Hallo bin neu hir wollt ma fragen, ob jemand die Lijst van Viswateren auf deutsch hat und zwar für Oost Nederland. Oder weiß jemand ob man bei Zupfen im Marshaven angeln darf?


----------



## Zanderangler1 (18. Juni 2010)

*AW: Lijst van viswateren auf Deutsch*

Hallo, nein darfst du nicht angeln, jedenfalls nicht vom Ufer aus. Du musst dort Mitglied im Verein von Zutphen sein.


----------



## BobDieRobbe (28. Juni 2010)

*AW: Lijst van viswateren auf Deutsch*

Mal was grundsätzliches, was hier anscheinend teilweise missverstanden wurde:
die 'grote lijst van viswateren' beinhaltet alle gewäßer, in denen gefischt werden darf. es gibt keine lijst für limburg, zuid holland oder sonst eine region (außer als auszug aus der groten lijst).
die gewäßer, in denen gefischt werden darf, lassen sich alle mit ein wenig niederländisch-kenntniss oder ein wenig kombinationsgabe auf www.visplanner.nl herausfinden (funktioniert im prinzip wie google.maps oder map24)

grüße


----------



## DerAndi (11. Juli 2010)

*AW: Lijst van viswateren auf Deutsch*

Kann mir einer sagen wie es mit dem Vispas ausschaut in der Gegend von Breskens.

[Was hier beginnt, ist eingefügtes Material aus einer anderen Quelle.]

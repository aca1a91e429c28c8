-- ===== src/Bomberman/Chains.antt =====
-- What an explosion of src/games/bomberman/bomberman.logic.ts keeps, by its parts, and why the chain
-- reaction ends.
use backend_htssclub.Base.{
  ℕ, zero, suc, ◌+◌, ◌≤◌, ◌<◌, ◌≡◌, refl, sym, ap, ◌∙◌, inl, inr, Bool, true, false, not, ◌&&◌,
  ◌||◌, Bool-cases, Option-cases, some, List, [], ◌∷◌, ◌++◌, ltb, ◌==◌, arith, length, keep, All,
}
use mathlib.Core.List.{Memᴰ}
use mathlib.Core.List.Memᴰ.{head, tail}
use backend_htssclub.Bomberman.{
  Tile, floor, wall, brick, Bomb, Run, Heading, right, left, down, up, toward, tile_at,
  is_detonated, find_chained, break_brick, add_flame, ray, blast, release, detonate, detonate_all,
  flame_ms,
}

abbrev pub with_flame : ℕ → ℕ → ℕ → Run → Run
with_flame now c r o = record o {
  state = record (o.state) {
    flames = o.state.flames ++ record { col = c; row = r; until = now + flame_ms } ∷ [];
  };
}

pub break_brick-bombs :
    (dice : ℕ → ℕ) (c r : ℕ) (o : Run) → (break_brick dice c r o).state.bombs ≡ o.state.bombs
unfolding break_brick
break_brick-bombs dice c r o = elim (Bool-cases (ltb (dice o.state.drawn) 42)) [
  | inl drops ↦ rw drops refl
  | inr nothing ↦ rw nothing refl
]

pub break_brick-detonated :
    (dice : ℕ → ℕ) (c r : ℕ) (o : Run) → (break_brick dice c r o).detonated ≡ o.detonated
unfolding break_brick
break_brick-detonated dice c r o = elim (Bool-cases (ltb (dice o.state.drawn) 42)) [
  | inl drops ↦ rw drops refl
  | inr nothing ↦ rw nothing refl
]

module _ (dice : ℕ → ℕ) (now : ℕ) (P : Run → Type 0) (chain : Bomb → Run → Run)
    (lights : (c r : ℕ) (o : Run) → P o → P (with_flame now c r o))
    (breaks : (c r : ℕ) (o : Run)
      → tile_at o.state.cols o.state.rows o.state.grid c r ≡ brick
      → P o
      → P (break_brick dice c r o))
    (chains : (i c r : ℕ) (b : Bomb) (o : Run)
      → find_chained i c r o.detonated o.state.bombs ≡ some b
      → P o
      → P (chain b o)) where
  keeps_flame : (b : Bomb) (c r : ℕ) (o : Run) → P o → P (add_flame dice now chain b c r o)
  unfolding add_flame
  keeps_flame b c r o p = elim (Option-cases (find_chained b.id c r o.detonated o.state.bombs)) [
    | inl absent ↦ rw absent (lights c r o p)
    | inr (d, found) ↦ rw found (chains b.id c r d (with_flame now c r o) found (lights c r o p))
  ]

  keeps_tile :
      (d : Heading) (b : Bomb) (c r : ℕ) (o next : Run) (t : Tile)
      → tile_at o.state.cols o.state.rows o.state.grid c r ≡ t
      → P o
      → P next
      → P (elim t [ wall ↦ o | brick ↦ break_brick dice c r o | floor ↦ next ])
  keeps_tile d b c r o next wall e p q = p
  keeps_tile d b c r o next brick e p q = breaks c r o e p
  keeps_tile d b c r o next floor e p q = q

  keeps_ray : (d : Heading) (b : Bomb) (n k : ℕ) (o : Run) → P o → P (ray dice now chain d b n k o)
  unfolding ray
  keeps_ray d b zero k o p = p
  keeps_ray d b (suc n) k o p = elim (Option-cases (toward d b.col b.row k)) [
    | inl absent ↦ rw (absent, ray) p
    | inr (cell, found) ↦
        let (c, r) = cell in
        rw (found, ray)
          (keeps_tile d b c r o _ (tile_at o.state.cols o.state.rows o.state.grid c r) refl p
            (keeps_ray d b n (suc k) (add_flame dice now chain b c r o) (keeps_flame b c r o p)))
  ]

  pub keeps_blast : (b : Bomb) (o : Run) → P o → P (blast dice now chain b o)
  unfolding blast
  keeps_blast b o p =
      let center = keeps_flame b b.col b.row o p in
      let east = keeps_ray right b b.flame 1 _ center in
      let west = keeps_ray left b b.flame 1 _ east in
      let south = keeps_ray down b b.flame 1 _ west in keeps_ray up b b.flame 1 _ south

-- How many of these bombs have not gone off.
abbrev pub waiting : List Bomb → List Bomb → ℕ
waiting bs done = length (keep (λ (b : Bomb). not (is_detonated b.id done)) bs)

pub is_detonated-snoc :
    (i : ℕ) (done : List Bomb) (b : Bomb)
    → is_detonated i (done ++ b ∷ []) ≡ is_detonated i done || b.id == i
unfolding is_detonated
is_detonated-snoc i [] b = ground arith
is_detonated-snoc i (d ∷ done) b = ground (arith, is_detonated-snoc i done b)

waiting-snoc : (bs done : List Bomb) (b : Bomb) → waiting bs (done ++ b ∷ []) ≤ waiting bs done
waiting-snoc [] done b = omega arith
waiting-snoc (c ∷ bs) done b = ground (arith, waiting-snoc bs done b, is_detonated-snoc c.id done b)

abbrev pub is_stored : Bomb → List Bomb → Bool
is_stored b [] = false
is_stored b (c ∷ bs) = c.id == b.id || is_stored b bs

-- A stored bomb that goes off waits no longer.
pub waiting-release :
    (bs done : List Bomb) (b : Bomb)
    → is_stored b bs ≡ true
    → is_detonated b.id done ≡ false
    → waiting bs (done ++ b ∷ []) < waiting bs done
waiting-release [] done b h f = ground arith
waiting-release (c ∷ bs) done b h f = elim (Bool-cases (c.id == b.id)) [
  | inl here ↦
      let e : c.id ≡ b.id = ground arith in
      let f' : is_detonated c.id done ≡ false = rw e f in
      ground (arith, waiting-snoc bs done b, is_detonated-snoc c.id done b, f', here)
  | inr there ↦
      ground (arith, there, h, waiting-release bs done b, f, is_detonated-snoc c.id done b)
]

pub chained_waits :
    (i c r : ℕ) (done bs : List Bomb) (b : Bomb) → find_chained i c r done bs ≡ some b → Memᴰ b bs
unfolding find_chained
chained_waits i c r done [] b h = absurd (ground (arith, h))
chained_waits i c r done (d ∷ bs) b h =
    elim (Bool-cases
      (((not (d.id == i) && d.col == c) && d.row == r) && not (is_detonated d.id done))) [
        | inl here ↦
            let g : some d ≡ some b = rw here at h in let same : d ≡ b = cc in head (sym same)
        | inr there ↦
            let g : find_chained i c r done bs ≡ some b = rw there at h in
            tail (chained_waits i c r done bs b g)
      ]

pub stored_mem : (b : Bomb) (bs : List Bomb) → Memᴰ b bs → is_stored b bs ≡ true
stored_mem b [] m = elim m [ ]
stored_mem b (c ∷ bs) (head e) =
    let same : b.id ≡ c.id = ap (λ (d : Bomb). d.id) e in ground (arith, same)
stored_mem b (c ∷ bs) (tail m) = ground (arith, stored_mem b bs m)

-- What every flame, every broken brick and every bomb that goes off keeps, an explosion keeps.
module _ (dice : ℕ → ℕ) (now : ℕ) (bs : List Bomb) (P : Run → Type 0)
    (starves : (o : Run) → P o → P (record o { starved = true }))
    (lights : (c r : ℕ) (o : Run) → P o → P (with_flame now c r o))
    (breaks : (c r : ℕ) (o : Run)
      → tile_at o.state.cols o.state.rows o.state.grid c r ≡ brick
      → P o
      → P (break_brick dice c r o))
    (releases : (b : Bomb) (o : Run)
      → o.state.bombs ≡ bs
      → Memᴰ b bs
      → is_detonated b.id o.detonated ≡ false
      → P o
      → P (release b o)) where
  abbrev Holds : Run → Type 0
  Holds o = (o.state.bombs ≡ bs) × P o

  breaks_stored :
      (c r : ℕ) (o : Run)
      → tile_at o.state.cols o.state.rows o.state.grid c r ≡ brick
      → Holds o
      → Holds (break_brick dice c r o)
  breaks_stored c r o e p = (break_brick-bombs dice c r o ∙ p.0, breaks c r o e p.1)

  pub keeps_detonate :
      (n : ℕ) (b : Bomb) (o : Run) → Memᴰ b bs → Holds o → Holds (detonate dice now n b o)
  unfolding detonate release
  keeps_detonate zero b o h p = (p.0, starves o p.1)
  keeps_detonate (suc n) b o h p = elim (Bool-cases (is_detonated b.id o.detonated)) [
    | inl gone ↦ rw (gone, detonate) p
    | inr here ↦
        rw (here, detonate)
          (keeps_blast dice now Holds (detonate dice now n) (λ c r t u. (u.0, lights c r t u.1))
            breaks_stored
            (λ i c r d t found u.
              keeps_detonate n d t
                (rw (sym u.0) (chained_waits i c r t.detonated t.state.bombs d found)) u)
            b (release b o) (p.0, releases b o p.0 h here p.1))
  ]

  pub keeps_detonate_all :
      (n : ℕ) (ds : List Bomb) (o : Run)
      → All (λ d. Memᴰ d bs) ds
      → (o.state.bombs ≡ bs) × P o
      → ((detonate_all dice now n ds o).state.bombs ≡ bs) × P (detonate_all dice now n ds o)
  unfolding detonate_all
  keeps_detonate_all n [] o h p = p
  keeps_detonate_all n (d ∷ ds) o h p =
      keeps_detonate_all n ds (detonate dice now n d o) h.1 (keeps_detonate n d o h.0 p)
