-- ===== src/Bomberman/Fuel.antt =====
-- The chain reaction of src/games/bomberman/bomberman.logic.ts ends: the fuel given is enough.
use backend_htssclub.Base.{
  ℕ, zero, suc, ◌+◌, ◌≤◌, ◌<◌, ◌≡◌, refl, sym, ◌∙◌, inl, inr, Bool, true, false, Bool-cases, List,
  [], ◌∷◌, ◌++◌, ltb, leb, arith, length, length-append, keep, all, All,
}
use mathlib.Core.List.{Memᴰ}
use mathlib.Core.List.Memᴰ.{head, tail}
use backend_htssclub.Bomberman.{
  Bomb, BombermanState, Run, is_detonated, break_brick, release, detonate, detonate_all,
}
use backend_htssclub.Bomberman.Tick.{due_bombs, explode}
use backend_htssclub.Bomberman.Chains.{
  keeps_blast, break_brick-bombs, break_brick-detonated, keeps_detonate, waiting, waiting-release,
  stored_mem, chained_waits, is_detonated-snoc, keeps_detonate_all,
}

-- Within the fuel, with the bombs `bs` of the state and at most `k` of them left to go off.
abbrev pub IsFed : List Bomb → ℕ → Run → Type 0
IsFed bs k o = (o.starved ≡ false) × ((o.state.bombs ≡ bs) × (waiting bs o.detonated ≤ k))

module _ (dice : ℕ → ℕ) (now : ℕ) (bs : List Bomb) where
  breaks-IsFed : (k c r : ℕ) (o : Run) → IsFed bs k o → IsFed bs k (break_brick dice c r o)
  unfolding break_brick
  breaks-IsFed k c r o p = elim (Bool-cases (ltb (dice o.state.drawn) 42)) [
    | inl drops ↦ rw drops p
    | inr none_left ↦ rw none_left p
  ]

  pub detonate-IsFed :
      (n k : ℕ) (b : Bomb) (o : Run)
      → k < n
      → Memᴰ b bs
      → IsFed bs k o
      → IsFed bs k (detonate dice now n b o)
  unfolding detonate release
  detonate-IsFed zero k b o less h p = absurd (omega arith)
  detonate-IsFed (suc n) k b o less h p = elim (Bool-cases (is_detonated b.id o.detonated)) [
    | inl gone ↦ rw (gone, detonate) p
    | inr here ↦
        let j = waiting bs (o.detonated ++ b ∷ []) in
        let fewer : j < waiting bs o.detonated =
          waiting-release bs o.detonated b (stored_mem b bs h) here in
        let inner : IsFed bs j (release b o) = (p.0, (p.1.0, omega arith)) in
        let q =
          keeps_blast dice now (IsFed bs j) (detonate dice now n) (λ c r t u. u)
            (λ c r t e u. breaks-IsFed j c r t u)
            (λ i c r d t found u.
              detonate-IsFed n j d t (omega arith)
                (rw (sym u.1.0) (chained_waits i c r t.detonated t.state.bombs d found)) u)
            b (release b o) inner in
        rw (here, detonate) (q.0, (q.1.0, omega (arith, q.1.1, fewer, p.1.1)))
  ]

  detonate_all-IsFed :
      (n k : ℕ) (ds : List Bomb) (o : Run)
      → k < n
      → All (λ d. Memᴰ d bs) ds
      → IsFed bs k o
      → IsFed bs k (detonate_all dice now n ds o)
  unfolding detonate_all
  detonate_all-IsFed n k [] o less h p = p
  detonate_all-IsFed n k (d ∷ ds) o less h p =
      detonate_all-IsFed n k ds (detonate dice now n d o) less h.1
        (detonate-IsFed n k d o less h.0 p)

All-tail : (c : Bomb) (bs ds : List Bomb) → All (λ d. Memᴰ d bs) ds → All (λ d. Memᴰ d (c ∷ bs)) ds
All-tail c bs [] h = tt
All-tail c bs (d ∷ ds) h = (tail h.0, All-tail c bs ds h.1)

pub due_stored : (p : Bomb → Bool) (bs : List Bomb) → All (λ d. Memᴰ d bs) (keep p bs)
due_stored p [] = tt
due_stored p (b ∷ bs) =
    let rest = All-tail b bs (keep p bs) (due_stored p bs) in
    elim (Bool-cases (p b)) [ inl yes_b ↦ rw yes_b (head refl, rest) | inr no_b ↦ rw no_b rest ]

waiting-none : (bs : List Bomb) → waiting bs [] ≤ length bs
unfolding is_detonated
waiting-none [] = omega arith
waiting-none (b ∷ bs) = omega (arith, waiting-none bs)

module _ (dice : ℕ → ℕ) (now : ℕ) (bs : List Bomb) where
  -- Who went off stays so,
  broken :
      (i c r : ℕ) (t : Run)
      → is_detonated i t.detonated ≡ true
      → is_detonated i (break_brick dice c r t).detonated ≡ true
  broken i c r t u = rw (break_brick-detonated dice c r t) u

  released :
      (i : ℕ) (b : Bomb) (t : Run)
      → is_detonated i t.detonated ≡ true
      → is_detonated i (release b t).detonated ≡ true
  unfolding release
  released i b t u = ground (arith, is_detonated-snoc i t.detonated b, u)

  stays :
      (i n : ℕ) (ds : List Bomb) (o : Run)
      → All (λ d. Memᴰ d bs) ds
      → o.state.bombs ≡ bs
      → is_detonated i o.detonated ≡ true
      → is_detonated i (detonate_all dice now n ds o).detonated ≡ true
  stays i n ds o h e p =
      (keeps_detonate_all dice now bs (λ t. is_detonated i t.detonated ≡ true) (λ t u. u)
        (λ c r t u. u) (λ c r t k u. broken i c r t u) (λ b t k g w u. released i b t u) n ds o h
        (e, p)).1

  -- and a bomb that is set off goes off.
  goes_off :
      (n : ℕ) (b : Bomb) (o : Run)
      → o.state.bombs ≡ bs
      → (is_detonated b.id (detonate dice now (suc n) b o).detonated ≡ true)
        × ((detonate dice now (suc n) b o).state.bombs ≡ bs)
  unfolding detonate release
  goes_off n b o e = elim (Bool-cases (is_detonated b.id o.detonated)) [
    | inl gone ↦ rw (gone, detonate) (gone, e)
    | inr here ↦
        let P : Run → Type 0 = λ t. is_detonated b.id t.detonated ≡ true in
        let Q : Run → Type 0 = λ t. P t × (t.state.bombs ≡ bs) in
        let first : P (release b o) = ground (arith, is_detonated-snoc b.id o.detonated b) in
        rw (here, detonate)
          (keeps_blast dice now Q (detonate dice now n) (λ c r t u. u)
            (λ c r t k u. (broken b.id c r t u.0, break_brick-bombs dice c r t ∙ u.1))
            (λ i c r d t found u.
              let kept =
                keeps_detonate dice now bs P (λ t u. u) (λ c r t u. u)
                  (λ c r t k u. broken b.id c r t u) (λ d t k g w u. released b.id d t u) n d t
                  (rw (sym u.1) (chained_waits i c r t.detonated t.state.bombs d found))
                  (u.1, u.0) in
              (kept.1, kept.0))
            b (release b o) (first, e))
  ]

  all_go_off :
      (n : ℕ) (ds : List Bomb) (o : Run)
      → All (λ d. Memᴰ d bs) ds
      → o.state.bombs ≡ bs
      → all (λ b. is_detonated b.id (detonate_all dice now (suc n) ds o).detonated) ds ≡ true
  unfolding detonate_all
  all_go_off n [] o h e = refl
  all_go_off n (d ∷ ds) o h e =
      let (off, same) = goes_off n d o e in
      let first = stays d.id (suc n) ds (detonate dice now (suc n) d o) h.1 same off in
      let rest = all_go_off n ds (detonate dice now (suc n) d o) h.1 same in
      ground (arith, first, rest)

-- Bombs that went off and bombs that wait are no more than there are.
abbrev IsCounted : List Bomb → Run → Type 0
IsCounted bs o = length o.detonated + waiting bs o.detonated ≤ length bs

IsCounted-broken :
    (dice : ℕ → ℕ) (bs : List Bomb) (c r : ℕ) (o : Run)
    → IsCounted bs o
    → IsCounted bs (break_brick dice c r o)
IsCounted-broken dice bs c r o p = rw (break_brick-detonated dice c r o) p

IsCounted-released :
    (bs : List Bomb) (b : Bomb) (o : Run)
    → Memᴰ b bs
    → is_detonated b.id o.detonated ≡ false
    → IsCounted bs o
    → IsCounted bs (release b o)
unfolding release
IsCounted-released bs b o h f p = omega (
  arith,
  waiting-release bs o.detonated b (stored_mem b bs h) f,
  length-append o.detonated (b ∷ []),
  p,
)

-- An explosion never runs out of the fuel, which is the number of bombs and one: the recursion of
-- the chain reaction ends. Every due bomb goes off, and as no bomb goes off twice, no more do than
-- there are.
pub explode_ends :
    (dice : ℕ → ℕ) (now : ℕ) (w : BombermanState)
    → let o = explode dice now w in
      (o.starved ≡ false)
      × (all (λ (b : Bomb). is_detonated b.id o.detonated) (due_bombs now w) ≡ true)
      × (length o.detonated ≤ length w.bombs)
unfolding explode
explode_ends dice now w =
    let start : Run = record { state = w; detonated = []; bricks = []; starved = false } in
    let n = suc (length w.bombs) in
    let ds = due_bombs now w in
    let stored = due_stored (λ (b : Bomb). leb b.fuse_at now) w.bombs in
    let fed =
      detonate_all-IsFed dice now w.bombs n (length w.bombs) ds start (omega arith) stored
        (refl, (refl, waiting-none w.bombs)) in
    let counted =
      keeps_detonate_all dice now w.bombs (IsCounted w.bombs) (λ t u. u) (λ c r t u. u)
        (λ c r t k u. IsCounted-broken dice w.bombs c r t u)
        (λ b t g h f u. IsCounted-released w.bombs b t h f u) n ds start stored
        (refl, omega (arith, waiting-none w.bombs)) in
    (
      fed.0,
      all_go_off dice now w.bombs (length w.bombs) ds start stored refl,
      omega (arith, counted.1),
    )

Laut der karte auf der alles angezeigt wird kann man da werder mit dem kleinen noch dem normalen vispas fischen dürfen. wenn ich nen normalen vispas möchte muss ich dann in nen holländischen verein gehen?


----------



## Udo561 (11. Juli 2010)

*AW: Lijst van viswateren auf Deutsch*

Hi,
  du musst keinem verein beitreten , du bist proforma Mitglied in einem Verein wenn du einen Vispas kaufst.
Gruß Udo


----------



## DerAndi (11. Juli 2010)

*AW: Lijst van viswateren auf Deutsch*

aaaaah. gut. muss ich mal schaun wo ich so einen bekomme für die gegend. weil der kleine ist für mich als raubfischfreund ja nichts.


----------



## weller95 (12. Juli 2010)

*AW: Lijst van viswateren auf Deutsch*

Endschuldigung, aber hat jemand die Lijst van viswateren auf Deutsch für Friesland?
Schonmal Danke im vorraus!


----------



## andy1985 (20. Mai 2012)

*AW: Lijst van viswateren auf Deutsch*

guten tag kann mir vl jemand weiter helfen suche die Lijst van viswateren auf Deutsch für 2012 da ich im juli nach holland will weiss jemand wo man die bekommt oder hat sich vl die mühe gemacht sie zu überdsetzen und kann mir sie als pdf senden oder hier im forum setzen wäre super cool wenn einer mit weiter helfen könnte da ich nicht am falschen gewässer sitzen will den visspas habe ich natürlich bereits


----------